There’s no such thing as a vaginal orgasm, study says

The vaginal orgasm does not, and cannot, exist. Furthermore, women do not ejaculate and the elusive, euphoric G-spot is just a fantasy. This is the last, anticlimactical, word on the female orgasm debate, according to a paper published in the latest issue of the journal Clinical Anatomy.
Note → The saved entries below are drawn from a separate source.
-- ===== src/Fode/Optimize/Exact.antt =====
-- A run of `optimize_fode_hpc`: it returns, with exactly its budget spent and a feasible layout.
use fode_hpc_wflop.Base.{
  ◌==◌, sym, subst, leb→le, leb, if◌then◌else◌, Bool-cases, length, get_or, length-map, All-get_or,
  pos, ltb_ℤ, Result, ok, ℕ, zero, suc, ◌+◌, ◌-◌, ◌≤◌, ◌<◌, min, max, ◌≡◌, refl, ◌∙◌, inl, inr,
  true, false, ◌||◌, List, [], ◌∷◌, map, arith,
}
use fode_hpc_wflop.Case.{CaseData}
use fode_hpc_wflop.Double.{Double}
use fode_hpc_wflop.Double.Laws.{IsExact, HasSigns, NotNegative}
use fode_hpc_wflop.Rng.Generator.{Generator}
use fode_hpc_wflop.Farm.Fused.{layout_fitness}
use fode_hpc_wflop.Farm.Evaluate.{evaluate_population_hpc}
use fode_hpc_wflop.Farm.Evaluate.Feasible.{evaluate_population_hpc_ok}
use fode_hpc_wflop.Fode.Grid.{IsCase, IsLayoutRow, ReturnsPopulation}
use fode_hpc_wflop.Fode.Initialize.{initialize_population}
use fode_hpc_wflop.Fode.Initialize.Feasible.{initialize_population-Returns}
use fode_hpc_wflop.Fode.State.{State, RunConfig, RunResult}
use fode_hpc_wflop.Fode.Sample.Total.{Accepts}
use fode_hpc_wflop.Fode.Survivors.Count.{IsAligned}
use fode_hpc_wflop.Fode.Accept.Keeps.{IsLayout, IsLayout-of_row}
use fode_hpc_wflop.Fode.Generation.{generation_step}
use fode_hpc_wflop.Fode.Generation.Kept.{IsState}
use fode_hpc_wflop.Fode.Generation.Step.{Moved, generation_step-Moved}
use fode_hpc_wflop.Fode.Optimize.{
  first_state, result_of, initial_population_size, initial_best, index_of_max, no_history, start,
  main_loop, optimize_fode_hpc,
}

-- The end of the main loop.
record Finished {W : Type 0} ⦃D : Double W⦄ (farm : CaseData W) (initial total : ℕ)
    (r : Result (State W)) : Type 0 where
  state : State W
  returned : r ≡ ok state
  kept : IsState farm initial state
  exact : state.physical_fes ≡ total

record Started {W : Type 0} ⦃D : Double W⦄ (farm : CaseData W) (initial : ℕ) (r : Result (State W))
    : Type 0 where
  state : State W
  returned : r ≡ ok state
  kept : IsState farm initial state
  physical : state.physical_fes ≡ initial
  legacy : state.legacy_fes ≡ 0
  size : state.population_size ≡ initial

-- A run that returns: what it has spent, and the layout that it has found.
pub record Optimized {W : Type 0} ⦃D : Double W⦄ (farm : CaseData W) (config : RunConfig)
    (r : Result (RunResult W)) : Type 0 where
  pub result : RunResult W
  pub returned : r ≡ ok result
  pub team : result.observed_workers ≡ config.workers
  pub spent :
      result.physical_fes
      ≡ max config.physical_fes_budget (initial_population_size farm.turbine_count)
  pub layout : IsLayout farm result.best_layout_1based
  pub final_low : 3 ≤ result.final_population
  pub final_high : result.final_population ≤ result.initial_population

index_of_max-lt :
    {W : Type 0} ⦃D : Double W⦄ (found : ℕ) (best : W) (i : ℕ) (xs : List W)
    → found < i
    → index_of_max found best i xs < i + length xs
unfolding index_of_max
index_of_max-lt found best i [] h = omega arith
index_of_max-lt ⦃D⦄ found best i (x ∷ xs) h =
    let chosen : (if D.lt best x then i else found) < suc i = ground arith in
    omega (
      arith,
      index_of_max-lt (if D.lt best x then i else found) (if D.lt best x then x else best) (suc i)
          xs chosen,
    )

initial_best-lt :
    {W : Type 0} ⦃D : Double W⦄ (fitness : List W)
    → 0 < length fitness
    → initial_best fitness < length fitness
unfolding initial_best
initial_best-lt [] h = absurd (omega arith)
initial_best-lt (x ∷ xs) h = omega (arith, index_of_max-lt 0 x 1 xs (omega arith))

module _ {W : Type 0} ⦃D : Double W⦄ (exact : IsExact D) (signs : HasSigns W) (rng : Generator)
    (rounds : ℕ) (accepts : Accepts W rng rounds) (farm : CaseData W) (valid : IsCase farm)
    (budget : ℕ) where
  main_loop-Finished :
      (initial minimum fuel : ℕ) (s : State W)
      → 3 ≤ minimum
      → IsState farm initial s
      → s.legacy_fes ≤ s.physical_fes
      → s.physical_fes ≤ budget
      → budget - s.physical_fes < fuel
      → Finished farm initial budget (main_loop rng rounds farm budget initial minimum fuel s)
  unfolding main_loop
  main_loop-Finished initial minimum zero s m v legacy within h = absurd (omega arith)
  main_loop-Finished initial minimum (suc fuel) s m v legacy within h =
      elim (Bool-cases (leb budget s.legacy_fes || leb budget s.physical_fes)) [
        | inl done ↦ rw done (record { state = s; returned = refl; kept = v; exact = ground arith })
        | inr more ↦
            let p = move more in
            let rest =
              main_loop-Finished initial minimum fuel p.progress.state m p.kept p.legacy p.within
                (omega (arith, p.more)) in
            rw more (elim (Bool-cases p.progress.going) [
              | inl going ↦ record {
                state = rest.state;
                returned = rw (p.returned, going) rest.returned;
                kept = rest.kept;
                exact = rest.exact;
              }
              | inr stopped ↦ record {
                state = p.progress.state;
                returned = rw (p.returned, stopped);
                kept = p.kept;
                exact = p.stopped stopped;
              }
            ])
      ]
    where
      left :
          (leb budget s.legacy_fes || leb budget s.physical_fes) ≡ false → s.physical_fes < budget
      left e = ground arith

      move :
          (leb budget s.legacy_fes || leb budget s.physical_fes) ≡ false
          → Moved farm budget initial s.physical_fes
              (generation_step rng rounds farm budget initial minimum s)
      move e =
          generation_step-Moved exact signs rng rounds accepts farm valid budget initial minimum s m
            v legacy (left e)

  start-Started :
      Started farm (initial_population_size farm.turbine_count) (start rng rounds farm budget)
  unfolding start first_state no_history
  start-Started = record {
    state = first_state rng rounds farm budget size first.rows fitness;
    returned = rw (first.returned, evaluated);
    kept = record {
      rows = first.population.count;
      values = long;
      large = omega arith;
      small = omega arith;
      memory = record { long = refl; signed = (half, (half, (half, (half, (half, tt))))) };
      dp = record { h1 = empty; h2 = empty; h3 = empty; h4 = empty };
      da = record { h1 = empty; h2 = empty; h3 = empty; h4 = empty };
      best = IsLayout-of_row exact farm valid (get_or first.rows (initial_best fitness) []) (
          All-get_or (IsLayoutRow farm) first.rows (initial_best fitness) []
            first.population.layouts
            (omega (
              arith,
              initial_best-lt fitness (omega (arith, long)),
              long,
              first.population.count,
            )));
    };
    physical = refl;
    legacy = refl;
    size = refl;
  }
    where
      size : ℕ
      size = initial_population_size farm.turbine_count

      first : ReturnsPopulation farm size (initialize_population rng size farm)
      first = initialize_population-Returns rng farm size valid

      fitness : List W
      fitness = map (layout_fitness farm) first.rows

      evaluated : evaluate_population_hpc farm first.rows size ≡ ok fitness
      evaluated =
          evaluate_population_hpc_ok exact farm valid first.rows size first.population (omega arith)

      long : length fitness ≡ size
      long = length-map (layout_fitness farm) first.rows ∙ first.population.count

      half : NotNegative (D.literal 5 1)
      half = signs.literal 5 1

      empty : IsAligned {W = W} size []
      empty = record { aligned = inl refl }

  -- A budget that the initial population has used up stops the loop at once.
  main_loop-spent :
      (initial minimum fuel : ℕ) (s : State W)
      → budget ≤ s.physical_fes
      → main_loop rng rounds farm budget initial minimum (suc fuel) s ≡ ok s
  unfolding main_loop
  main_loop-spent initial minimum fuel s h =
      let stop : (leb budget s.legacy_fes || leb budget s.physical_fes) ≡ true = ground arith in
      rw stop

  final-Finished :
      (s : Started farm (initial_population_size farm.turbine_count) (start rng rounds farm budget))
      → Finished farm s.state.population_size
          (max budget (initial_population_size farm.turbine_count))
          (main_loop rng rounds farm budget s.state.population_size
            (min 4 s.state.population_size)
            (suc budget)
            s.state)
  final-Finished s = elim (Bool-cases (leb budget s.state.physical_fes)) [
    | inl used ↦
        rw
          (main_loop-spent s.state.population_size (min 4 s.state.population_size) budget s.state
            (leb→le _ _ used))
          (record {
            state = s.state;
            returned = refl;
            kept = own;
            exact = omega (arith, leb→le _ _ used, s.physical);
          })
    | inr left ↦
        let f =
          main_loop-Finished s.state.population_size (min 4 s.state.population_size) (suc budget)
            s.state (omega (arith, s.kept.large)) own (omega (arith, s.legacy)) (ground arith)
            (omega arith) in
        record {
          state = f.state;
          returned = f.returned;
          kept = f.kept;
          exact = f.exact ∙ ground (arith, s.physical);
        }
  ]
    where
      own : IsState farm s.state.population_size s.state
      own = subst (λ n. IsState farm n s.state) (sym s.size) s.kept

module _ {W : Type 0} ⦃D : Double W⦄ (exact : IsExact D) (signs : HasSigns W) (rng : Generator)
    (rounds : ℕ) (accepts : Accepts W rng rounds) (farm : CaseData W) (valid : IsCase farm) where
  -- A run of `optimize_fode_hpc` on an admitted case, with a positive budget and a worker at least,
  -- doubles that hold every int exactly and respect signs, and draws that pass the rejection tests
  -- within a number of rounds, returns: the budget is fuel enough. It has then spent exactly its
  -- budget of physical evaluations, or the initial population where that is larger; its layout is a
  -- feasible layout of the case; it reports the workers that it was given; and its final population
  -- is between three and the initial one.
  pub optimize_fode_hpc-Optimized :
      (config : RunConfig)
      → 0 < config.physical_fes_budget
      → ltb_ℤ config.workers (pos 1) ≡ false
      → Optimized farm config (optimize_fode_hpc rng rounds farm config)
  unfolding optimize_fode_hpc
  optimize_fode_hpc-Optimized config h w =
      let admitted : (config.physical_fes_budget == 0 || ltb_ℤ config.workers (pos 1)) ≡ false =
        ground arith in
      let s = start-Started exact signs rng rounds accepts farm valid config.physical_fes_budget in
      let f =
        final-Finished exact signs rng rounds accepts farm valid config.physical_fes_budget s in
      record {
        result = result_of farm config s.state f.state;
        returned = rw (admitted, s.returned, f.returned);
        team = refl;
        spent = f.exact;
        layout = f.kept.best;
        final_low = f.kept.large;
        final_high = f.kept.small;
      }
The researchers, from the Italian Centre for Sexology, argue that the only way for women to climax is through clitoral stimulation. The paper’s authors argue that the female penis, aka the clitoris, is a purely external organ, thereby making an “internal” vaginal orgasm impossible.

Vaginal orgasm has no scientific basis and the term was invented by Freud. Female orgasm is possible in all women, always with effective stimulation of the female erectile organs, eg, the female penis.
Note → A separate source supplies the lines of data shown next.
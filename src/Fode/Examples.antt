-- ===== src/Fode/Examples.antt =====
-- The theorems of the optimizer at a small case.
use fode_hpc_wflop.Base.{length, replicate, pos, ok, ◌≤◌, ◌≡◌, refl, true, [], ◌∷◌, map, arith}
use fode_hpc_wflop.Double.Whole.{whole, whole-IsExact, whole-HasSigns}
use fode_hpc_wflop.Farm.Fused.{layout_fitness}
use fode_hpc_wflop.Farm.Evaluate.{evaluate_population_hpc}
use fode_hpc_wflop.Farm.Evaluate.Feasible.{evaluate_population_hpc_ok}
use fode_hpc_wflop.Fode.Grid.{ReturnsPopulation}
use fode_hpc_wflop.Fode.Grid.Unavailable.{HasMask, unavailable_mask-HasMask}
use fode_hpc_wflop.Fode.Initialize.{initialize_population}
use fode_hpc_wflop.Fode.Initialize.Feasible.{initialize_population-Returns}
use fode_hpc_wflop.Fode.Repair.{repair_population}
use fode_hpc_wflop.Fode.Repair.Feasible.{repair_population-Returns}
use fode_hpc_wflop.Fode.Sample.{sample_all}
use fode_hpc_wflop.Fode.Sample.Whole.{SampledAll, sample_all-SampledAll}
use fode_hpc_wflop.Fode.Survivors.{survivor_rows}
use fode_hpc_wflop.Fode.Survivors.Count.{length-survivor_rows}
use fode_hpc_wflop.Fode.Generation.{generation_step}
use fode_hpc_wflop.Fode.Generation.Step.{Moved, generation_step-Moved}
use fode_hpc_wflop.Fode.Optimize.{optimize_fode_hpc}
use fode_hpc_wflop.Fode.Optimize.Exact.{Optimized, optimize_fode_hpc-Optimized}
use fode_hpc_wflop.Fode.Archive.{add_accepted, update_archive}
use fode_hpc_wflop.Fode.Archive.Capacity.{Unique, add_accepted-Unique, length-update_archive}
use fode_hpc_wflop.Fode.Accept.{track_best}
use fode_hpc_wflop.Fode.Accept.Keeps.{IsLayout, track_best-IsLayout}
use fode_hpc_wflop.Fode.Fixture.{
  in_order, farm, farm-IsCase, layout_cells, layout_cells-IsFeasible, layout_row,
  layout_row-IsLayoutRow, best, in_order-Accepts, config, early, early-IsState, other_row,
  layout_row-Unique,
}

repair_population-Returns_example :
    ReturnsPopulation farm 1 (repair_population in_order farm ((pos 2 ∷ pos 9 ∷ []) ∷ []) 1 0)
repair_population-Returns_example =
    repair_population-Returns in_order farm ((pos 2 ∷ pos 9 ∷ []) ∷ []) 1 0 farm-IsCase (refl, tt)

initialize_population-Returns_example :
    ReturnsPopulation farm 4 (initialize_population in_order 4 farm)
initialize_population-Returns_example = initialize_population-Returns in_order farm 4 farm-IsCase

unavailable_mask-HasMask_example : HasMask farm
unavailable_mask-HasMask_example = unavailable_mask-HasMask farm farm-IsCase

evaluate_population_hpc_ok_example :
    evaluate_population_hpc farm (layout_row ∷ []) 1
    ≡ ok (map (layout_fitness farm) (layout_row ∷ []))
evaluate_population_hpc_ok_example =
    evaluate_population_hpc_ok whole-IsExact farm farm-IsCase (layout_row ∷ []) 1
      (record { layouts = (layout_row-IsLayoutRow, tt); count = refl }) (omega arith)

length-survivor_rows_example : length (survivor_rows (pos 4 ∷ pos 9 ∷ pos 6 ∷ []) 2) ≡ 2
length-survivor_rows_example = length-survivor_rows (pos 4 ∷ pos 9 ∷ pos 6 ∷ []) 2 (omega arith)

track_best-IsLayout_example :
    IsLayout farm (track_best best (pos 8 ∷ []) (layout_row ∷ [])).best_layout
track_best-IsLayout_example =
    track_best-IsLayout whole-IsExact farm farm-IsCase best (pos 8 ∷ []) (layout_row ∷ [])
      (record { cells = layout_cells; spelled = refl; feasible = layout_cells-IsFeasible })
      (layout_row-IsLayoutRow, tt)

sample_all-SampledAll_example :
    SampledAll 3 4 2 0 3 (
      sample_all in_order 3 1
        (replicate 5 (pos 1))
        (replicate 5 (pos 1))
        (2 ∷ 0 ∷ 1 ∷ [])
        4
        2
        2
        0
        3)
sample_all-SampledAll_example =
    sample_all-SampledAll whole-HasSigns in_order 3 1 in_order-Accepts (replicate 5 (pos 1))
      (replicate 5 (pos 1)) (2 ∷ 0 ∷ 1 ∷ []) 4 2 2 0 3 (refl, (refl, (refl, (refl, (refl, tt)))))
      refl (omega arith) (omega arith) (omega arith)

optimize_fode_hpc-Optimized_example :
    Optimized farm config (optimize_fode_hpc in_order 3 farm config)
optimize_fode_hpc-Optimized_example =
    optimize_fode_hpc-Optimized whole-IsExact whole-HasSigns in_order 3 in_order-Accepts farm
      farm-IsCase config (omega arith) refl

generation_step-Moved_example : Moved farm 10 3 3 (generation_step in_order 3 farm 10 3 3 early)
generation_step-Moved_example =
    generation_step-Moved whole-IsExact whole-HasSigns in_order 3 in_order-Accepts farm farm-IsCase
      10 3 3 early (omega arith) early-IsState (omega arith) (omega arith)

length-update_archive_example :
    length (
      update_archive in_order
        (layout_row ∷ [])
        (other_row ∷ layout_row ∷ [])
        (true ∷ true ∷ [])
        (pos 1)
        1)
    ≤ 1
length-update_archive_example =
    length-update_archive in_order (layout_row ∷ []) (other_row ∷ layout_row ∷ [])
      (true ∷ true ∷ []) (pos 1) 1

add_accepted-Unique_example :
    Unique (add_accepted (layout_row ∷ []) (other_row ∷ layout_row ∷ []) (true ∷ true ∷ []))
add_accepted-Unique_example =
    add_accepted-Unique (layout_row ∷ []) (other_row ∷ layout_row ∷ []) (true ∷ true ∷ [])
      layout_row-Unique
Vincenzo Puppo, a researcher at the Italian Centre for Sexology and co-author Guilia Puppo

But not all sexual health professionals are happy with their ending. It doesn’t capture the complexity of female sexuality, including the female orgasm, argues science writer Kayt Sukel. “While anatomy is important, sexual response is more than the sum of our nether regions,” she says. Sukel also points out that the researchers’ dismissal of any other path to orgasm falls short for other reasons. “In their anatomical reasoning, the authors do not explain why so many women don’t climax even with sufficient clitoral stimulation – or why some are capable of orgasm in the absence of it,” she says.